That is, when the upper part of the heat pipe I5 is cooled by cold air in winter, the working fluid in the airtight container 16 condenses into a liquid, which falls down the tube wall of the airtight container due to gravity. As a result, the cold heat is carried to the lower part, and the ground G around the airtight container 16 is frozen by the carried cold heat, and frozen ground F is built around the airtight container 16, as shown in FIG. , ice is also made in the ice heat storage tank 10. This phenomenon is repeated in the winter, causing water to accumulate in the ice heat storage tank IO, and also causing water to accumulate in the ice heat storage tank IO.
Frozen soil F is built around the frozen soil F, and supercooled outside air energy (cold energy) is stored in the form of frozen soil F and ice.

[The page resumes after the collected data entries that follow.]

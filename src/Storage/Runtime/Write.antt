-- ===== src/Storage/Runtime/Write.antt =====
-- write_runtime_snapshot of storage/repositories.py: the history, and the latest state by upserts.
pub mod Outcomes
pub mod Forward
pub mod Stale
pub mod Databases
pub mod Values
use Prim.Native.String.{count}
use pg_monitor.Prelude.{
  ℕ, suc, ◌+◌, Bool, true, false, ◌&&◌, Option, none, some, List, [], ◌∷◌, ◌++◌, map, ltb, leb,
  length, if◌then◌else◌,
}
use pg_monitor.Prelude.Eq.{String_eq}
use pg_monitor.Exn.{ok, err, sqlalchemy_error, storage_write_error}
use pg_monitor.Collector.Models.{DatabaseMetric, RuntimeSnapshotResult}
use pg_monitor.Storage.Orm.{RuntimeSnapshotOrm, RuntimeDatabaseSnapshotOrm, in_int8}
use pg_monitor.Storage.Session.{Db, pure, select, update, statement, catching, ◌>>=◌, ◌>>◌}
use pg_monitor.Storage.Runtime.Upserts.{
  upsert_runtime_current, current_captured_at, delete_gone, upsert_all, distinct_names,
}

-- `latest_current_ts is not None and latest_current_ts > snapshot.captured_at`
unfoldable pub is_stale : Option ℕ → ℕ → Bool
is_stale none captured_at = false
is_stale (some latest) captured_at = ltb captured_at latest

fits_database : DatabaseMetric → Bool
fits_database row =
    in_int8 row.datid
    && leb (count row.datname) 255
    && in_int8 row.numbackends
    && in_int8 row.xact_commit
    && in_int8 row.xact_rollback
    && in_int8 row.blks_read
    && in_int8 row.blks_hit
    && in_int8 row.deadlocks

unfoldable pub fit_all : List DatabaseMetric → Bool
unfolding fits_database
fit_all [] = true
fit_all (row ∷ rows) = fits_database row && fit_all rows

module _ {F : Type 0} where
  fits_runtime : RuntimeSnapshotResult F → Bool
  fits_runtime snapshot =
      leb (count snapshot.db_identifier) 255
      && in_int8 snapshot.activity.active_connections
      && in_int8 snapshot.activity.blocked_sessions
      && in_int8 snapshot.locks.waiting_locks
      && in_int8 snapshot.locks.granted_locks

  -- A value that no column holds is an SQL error.
  unfoldable pub require_fit : Bool → Db F (Unit {0})
  require_fit true s = (ok tt, s)
  require_fit false s = (err sqlalchemy_error, s)

  unfoldable pub runtime_orm : RuntimeSnapshotResult F → ℕ → RuntimeSnapshotOrm F
  runtime_orm snapshot id = record {
    id = id;
    captured_at = snapshot.captured_at;
    db_identifier = snapshot.db_identifier;
    active_connections = snapshot.activity.active_connections;
    blocked_sessions = snapshot.activity.blocked_sessions;
    longest_tx_duration_s = snapshot.activity.longest_tx_duration_s;
    waiting_locks = snapshot.locks.waiting_locks;
    granted_locks = snapshot.locks.granted_locks;
  }

  -- `session.add(runtime_orm)` and `flush`, which gives the id
  unfoldable pub flush_runtime : RuntimeSnapshotResult F → Db F ℕ
  unfolding statement require_fit fits_runtime runtime_orm
  flush_runtime snapshot = statement >> require_fit (fits_runtime snapshot) >> λ s.
      let id = s.sequences.runtime_snapshots_id in
      (
        ok id,
        record s {
          tables = record s.tables {
            runtime_snapshots = s.tables.runtime_snapshots ++ runtime_orm snapshot id ∷ [];
          };
          sequences = record s.sequences { runtime_snapshots_id = suc id };
        },
      )

unfoldable pub history_row : ℕ → DatabaseMetric → ℕ → RuntimeDatabaseSnapshotOrm
history_row runtime_snapshot_id row id = record {
  id = id;
  runtime_snapshot_id = runtime_snapshot_id;
  datid = row.datid;
  datname = row.datname;
  numbackends = row.numbackends;
  xact_commit = row.xact_commit;
  xact_rollback = row.xact_rollback;
  blks_read = row.blks_read;
  blks_hit = row.blks_hit;
  deadlocks = row.deadlocks;
}

unfoldable pub history_rows : ℕ → ℕ → List DatabaseMetric → List RuntimeDatabaseSnapshotOrm
unfolding history_row
history_rows runtime_snapshot_id next [] = []
history_rows runtime_snapshot_id next (row ∷ rows) =
    history_row runtime_snapshot_id row next ∷ history_rows runtime_snapshot_id (suc next) rows

module _ {F : Type 0} where
  flush_history : ℕ → List DatabaseMetric → Db F (Unit {0})
  unfolding statement require_fit fit_all history_rows
  flush_history id [] = pure tt
  flush_history id (row ∷ rows) = statement >> require_fit (fit_all (row ∷ rows)) >> λ s.
      let next = s.sequences.runtime_database_snapshots_id in
      (
        ok tt,
        record s {
          tables = record s.tables {
            runtime_database_snapshots =
                s.tables.runtime_database_snapshots ++ history_rows id next (row ∷ rows);
          };
          sequences = record s.sequences {
            runtime_database_snapshots_id = next + length (row ∷ rows);
          };
        },
      )

  -- The values of one INSERT fit their columns, and no two are of one row.
  abbrev pub fits_values : RuntimeSnapshotResult F → Bool
  fits_values snapshot =
      leb (count snapshot.db_identifier) 255
      && fit_all snapshot.database
      && distinct_names (map (λ r. r.datname) snapshot.database)

  -- The INSERT of all values, after the DELETE of the databases that are gone.
  upsert_values : RuntimeSnapshotResult F → Db F (Unit {0})
  unfolding statement require_fit fit_all upsert_all distinct_names
  upsert_values snapshot = statement >> require_fit (fits_values snapshot) >> λ s.
      let next = s.sequences.runtime_database_current_id in
      (
        ok tt,
        record s {
          tables = record s.tables {
            runtime_database_current =
                upsert_all snapshot.db_identifier snapshot.captured_at next snapshot.database
                  s.tables.runtime_database_current;
          };
          sequences = record s.sequences {
            runtime_database_current_id = next + length snapshot.database;
          };
        },
      )

  delete_databases : RuntimeSnapshotResult F → Db F (Unit {0})
  unfolding delete_gone
  delete_databases snapshot = update λ t. record t {
    runtime_database_current =
        delete_gone snapshot.db_identifier (map (λ r. r.datname) snapshot.database)
          t.runtime_database_current;
  }

  -- With no database rows the method returns after the DELETE.
  unfoldable pub replace_databases : RuntimeSnapshotResult F → List DatabaseMetric → Db F (Unit {0})
  unfolding delete_databases upsert_values
  replace_databases snapshot [] = delete_databases snapshot
  replace_databases snapshot (row ∷ rows) = delete_databases snapshot >> upsert_values snapshot

  unfoldable pub upsert_runtime_database_current : RuntimeSnapshotResult F → Db F (Unit {0})
  unfolding replace_databases current_captured_at is_stale
  upsert_runtime_database_current snapshot = do
    latest_current_ts ← select λ t. current_captured_at snapshot.db_identifier t.runtime_current
    if is_stale latest_current_ts snapshot.captured_at
        then pure tt
        else replace_databases snapshot snapshot.database

  unfoldable pub write_runtime_snapshot : RuntimeSnapshotResult F → Db F ℕ
  unfolding flush_runtime upsert_runtime_current upsert_runtime_database_current flush_history
  write_runtime_snapshot snapshot = do
    catching storage_write_error do
      id ← flush_runtime snapshot
      upsert_runtime_current snapshot
      upsert_runtime_database_current snapshot
      flush_history id snapshot.database
    pure (1 + length snapshot.database)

On the other hand, during warm spring and summer months, the cold thermal energy stored in the ice heat storage tank 10 and the frozen soil F is released, and the temperature inside the refrigerator can be maintained at a low temperature.

In addition, in the surface structure, the inside of the storage space (excavation hole) is insulated with a heat insulator, etc., so that the inside of the refrigerator does not cool down properly in severe winters, and the ice heat storage tank 10 As a result, a large amount of cold energy can be stored in a source other than the frozen soil F, making it possible to efficiently store cold heat.

According to the low-temperature storage with the above structure and operation, the excavated hole I is used as a storage place, a heat pipe 15 is installed around it, an ice heat storage tank 10 is installed under the floor, and the upper surface of the excavated hole I is covered with a roof 5. The initial cost is low because the heat pipe 15 is maintenance-free, and since frozen soil F, water, etc. are constructed, the running cost is hardly a burden. be.

In the above-mentioned embodiment, the excavated hole 1 itself is used as a storage place and the roof 5 is attached to the excavated hole 1 itself.However, large-diameter corrugated pipes, box culverts, etc. are installed in this excavated hole 1, and these are used as a storage place. It is also possible to create a structure in which it is backfilled.

``Effects of the Invention'' As explained above, according to the present invention, supercooled outside air energy can be stored in the ground around the excavation hole as frozen soil and ice in the winter. Water can be stored as water in the ice storage tank, and conversely, during the warm spring and summer months, the inside of the drilling hole can be kept at a low temperature by using the cold water, so the initial cost and running cost can be reduced. Cold storage can be provided. Furthermore, since the structure is such that the lack of cold storage heat caused by the heat pipe is supplemented by the ice heat storage tank, the applicability to low-temperature storage using heat pipes can be improved. Further, according to the present invention, the structure is such that the ground is excavated from the surface and the heat pipe is installed in the excavated hole, so there is an advantage that the heat pipe can be easily installed.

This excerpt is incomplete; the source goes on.